Saved entries:
== Segment start ==

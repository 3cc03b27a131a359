-- ===== src/Config/Routes.antt =====
-- `Config::validate` and `Config::route_map` of src/config.rs.
use poolbeg.Prelude.{
  ℕ, zero, suc, ◌+◌, ◌≡◌, refl, ◌≢◌, ◌⊎◌, Bool, true, false, not, ◌||◌, List, [], ◌∷◌, Option, none,
  some, String, str_eq, eq_iff, eq_refl, starts_with, arith, if◌then◌else◌, Bool-cases, get_elem?,
  lookup, insert, lookup-insert, All, ◌↔◌, ap, subst, ◌∙◌,
}
use package.poolbeg.Config.{ChainConfig}

pub data ConfigError : Type 0 where
  no_chains : ConfigError
  no_upstream bad_route : String → ConfigError
  duplicate_route : (route existing name : String) → ConfigError

abbrev pub is_empty {ℓ} : {A : Type ℓ} → List A → Bool
is_empty [] = true
is_empty (x ∷ xs) = false

-- The loop of `validate`; `routes` maps each route seen so far to its chain. `none` is `Ok(())`.
validate_from : List (String × String) → List ChainConfig → Option ConfigError
validate_from routes [] = none
validate_from routes (chain ∷ chains) =
    let rest = validate_from (insert chain.route chain.name routes) chains in
    if not (not (is_empty chain.upstreams) || chain.auto_public)
    then some (no_upstream chain.name)
    else if not (starts_with chain.route "/")
    then some (bad_route chain.name)
    else elim (lookup chain.route routes) [
      | some existing ↦ some (duplicate_route chain.route existing chain.name)
      | none ↦ rest
    ]

unfoldable pub validate : List ChainConfig → Option ConfigError
unfolding validate_from
validate chains = if is_empty chains then some no_chains else validate_from [] chains

route_map_from : ℕ → List ChainConfig → List (String × ℕ) → List (String × ℕ)
route_map_from i [] m = m
route_map_from i (c ∷ cs) m = route_map_from (suc i) cs (insert c.route i m)

-- A later chain with the same route would replace an earlier one.
unfoldable pub route_map : List ChainConfig → List (String × ℕ)
unfolding route_map_from
route_map chains = route_map_from 0 chains []

-- A chain on its own is right.
abbrev pub IsUsable : ChainConfig → Type 0
IsUsable c =
    ((not (is_empty c.upstreams) || c.auto_public) ≡ true) × (starts_with c.route "/" ≡ true)

-- No two chains have one route.
abbrev pub Distinct : List ChainConfig → Type 0
Distinct [] = Unit {0}
Distinct (c ∷ cs) = All (λ d. str_eq c.route d.route ≡ false) cs × Distinct cs

-- The routes of the chains are not yet in the map.
abbrev Fresh : {V : Type 0} → List (String × V) → List ChainConfig → Type 0
Fresh m cs = All (λ d. lookup d.route m ≡ none) cs

Fresh-insert :
    {V : Type 0} (r : String) (v : V) (m : List (String × V)) (cs : List ChainConfig)
    → All (λ d. str_eq r d.route ≡ false) cs
    → Fresh m cs
    → Fresh (insert r v m) cs
Fresh-insert r v m [] a f = tt
Fresh-insert r v m (c ∷ cs) a f =
    (rw (lookup-insert r c.route v m) (rw a.0 f.0), Fresh-insert r v m cs a.1 f.1)

Fresh-insert_inv :
    {V : Type 0} (r : String) (v : V) (m : List (String × V)) (cs : List ChainConfig)
    → Fresh (insert r v m) cs
    → All (λ d. str_eq r d.route ≡ false) cs × Fresh m cs
Fresh-insert_inv r v m [] f = (tt, tt)
Fresh-insert_inv r v m (c ∷ cs) f =
    let (a, g) = Fresh-insert_inv r v m cs f.1 in
    let (p, q) = here (Bool-cases (str_eq r c.route)) (lookup-insert r c.route v m) in
    ((p, a), (q, g))
  where
    here :
        (str_eq r c.route ≡ true) ⊎ (str_eq r c.route ≡ false)
        → lookup c.route (insert r v m) ≡ (if str_eq r c.route then some v else lookup c.route m)
        → (str_eq r c.route ≡ false) × (lookup c.route m ≡ none)
    here b e = ground arith

-- One round of the loop passes exactly if the chain is right and its route is new.
validate_step :
    (routes : List (String × String)) (c : ChainConfig) (cs : List ChainConfig)
    → (validate_from routes (c ∷ cs) ≡ none) ↔ (
        IsUsable c
        × (lookup c.route routes ≡ none)
        × (validate_from (insert c.route c.name routes) cs ≡ none))
unfolding validate_from
validate_step routes c cs = (λ h. ground arith, λ h. ground arith)

validate_from_sound :
    (routes : List (String × String)) (cs : List ChainConfig)
    → validate_from routes cs ≡ none
    → All IsUsable cs × Distinct cs × Fresh routes cs
validate_from_sound routes [] h = (tt, tt, tt)
validate_from_sound routes (c ∷ cs) h =
    let (u, free, rest) = (validate_step routes c cs).0 h in
    let (us, ds, fs) = validate_from_sound (insert c.route c.name routes) cs rest in
    let (ne, old) = Fresh-insert_inv c.route c.name routes cs fs in ((u, us), (ne, ds), (free, old))

validate_from_complete :
    (routes : List (String × String)) (cs : List ChainConfig)
    → All IsUsable cs
    → Distinct cs
    → Fresh routes cs
    → validate_from routes cs ≡ none
unfolding validate_from
validate_from_complete routes [] u d f = refl
validate_from_complete routes (c ∷ cs) u d f =
    unfold validate_from in
    (validate_step routes c cs).1 (
      u.0,
      f.0,
      validate_from_complete (insert c.route c.name routes) cs u.1 d.1
          (Fresh-insert c.route c.name routes cs d.0 f.1),
    )

Fresh-nil : (cs : List ChainConfig) → Fresh {V = String} [] cs
unfolding lookup
Fresh-nil [] = tt
Fresh-nil (c ∷ cs) = (refl, Fresh-nil cs)

-- `validate` accepts exactly the configurations with at least one chain, in which every chain has
-- an upstream or takes public ones and has a route that begins with a slash, and no two chains have
-- one route.
pub validate_iff :
    (chains : List ChainConfig)
    → (validate chains ≡ none) ↔ ((chains ≢ []) × All IsUsable chains × Distinct chains)
unfolding validate
validate_iff [] = (λ h. absurd (cc), λ h. absurd (h.0 refl))
validate_iff (c ∷ cs) = (
  λ h. let (u, d, f) = validate_from_sound [] (c ∷ cs) h in ((λ e. cc), u, d),
  λ h. validate_from_complete [] (c ∷ cs) h.1 h.2 (Fresh-nil (c ∷ cs)),
)

-- The rest of the loop leaves a route alone that no later chain has.
route_map_from-keep :
    (i : ℕ) (cs : List ChainConfig) (m : List (String × ℕ)) (r : String)
    → All (λ d. str_eq r d.route ≡ false) cs
    → lookup r (route_map_from i cs m) ≡ lookup r m
unfolding route_map_from
route_map_from-keep i [] m r h = refl
route_map_from-keep i (c ∷ cs) m r h =
    route_map_from-keep (suc i) cs (insert c.route i m) r h.1
    ∙ rw (lookup-insert c.route r i m) (ground (arith, eq_iff r c.route, eq_iff c.route r))

route_map_from-hit :
    (i j : ℕ) (cs : List ChainConfig) (m : List (String × ℕ)) (c : ChainConfig)
    → Distinct cs
    → get_elem? cs j ≡ some c
    → lookup c.route (route_map_from i cs m) ≡ some (i + j)
unfolding route_map_from
route_map_from-hit i j [] m c d h = absurd (cc)
route_map_from-hit i zero (b ∷ cs) m c d h =
    let e : b ≡ c = ground arith in
    subst (λ x. lookup x.route (route_map_from (suc i) cs (insert b.route i m)) ≡ some (i + 0)) e
      (route_map_from-keep (suc i) cs (insert b.route i m) b.route d.0
        ∙ rw (lookup-insert b.route b.route i m, eq_refl) (ap some (omega arith)))
route_map_from-hit i (suc j) (b ∷ cs) m c d h =
    route_map_from-hit (suc i) j cs (insert b.route i m) c d.1 h ∙ ap some (omega arith)

-- In an accepted configuration the route map sends each chain's route to that chain's index.
pub route_map-validate :
    (chains : List ChainConfig) (i : ℕ) (c : ChainConfig)
    → validate chains ≡ none
    → get_elem? chains i ≡ some c
    → lookup c.route (route_map chains) ≡ some i
unfolding route_map
route_map-validate chains i c ok h =
    route_map_from-hit 0 i chains [] c ((validate_iff chains).0 ok).2 h ∙ ap some (omega arith)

== Segment end ==

TASK GOAL: Could you write out, exactly as they stand, only the lines above that begin at the line with "Fresh m cs = All" and stop after the line with "let (a, g) = Fresh-insert_inv"?

RESULT OF THE TASK:
Fresh m cs = All (λ d. lookup d.route m ≡ none) cs

Fresh-insert :
    {V : Type 0} (r : String) (v : V) (m : List (String × V)) (cs : List ChainConfig)
    → All (λ d. str_eq r d.route ≡ false) cs
    → Fresh m cs
    → Fresh (insert r v m) cs
Fresh-insert r v m [] a f = tt
Fresh-insert r v m (c ∷ cs) a f =
    (rw (lookup-insert r c.route v m) (rw a.0 f.0), Fresh-insert r v m cs a.1 f.1)

Fresh-insert_inv :
    {V : Type 0} (r : String) (v : V) (m : List (String × V)) (cs : List ChainConfig)
    → Fresh (insert r v m) cs
    → All (λ d. str_eq r d.route ≡ false) cs × Fresh m cs
Fresh-insert_inv r v m [] f = (tt, tt)
Fresh-insert_inv r v m (c ∷ cs) f =
    let (a, g) = Fresh-insert_inv r v m cs f.1 in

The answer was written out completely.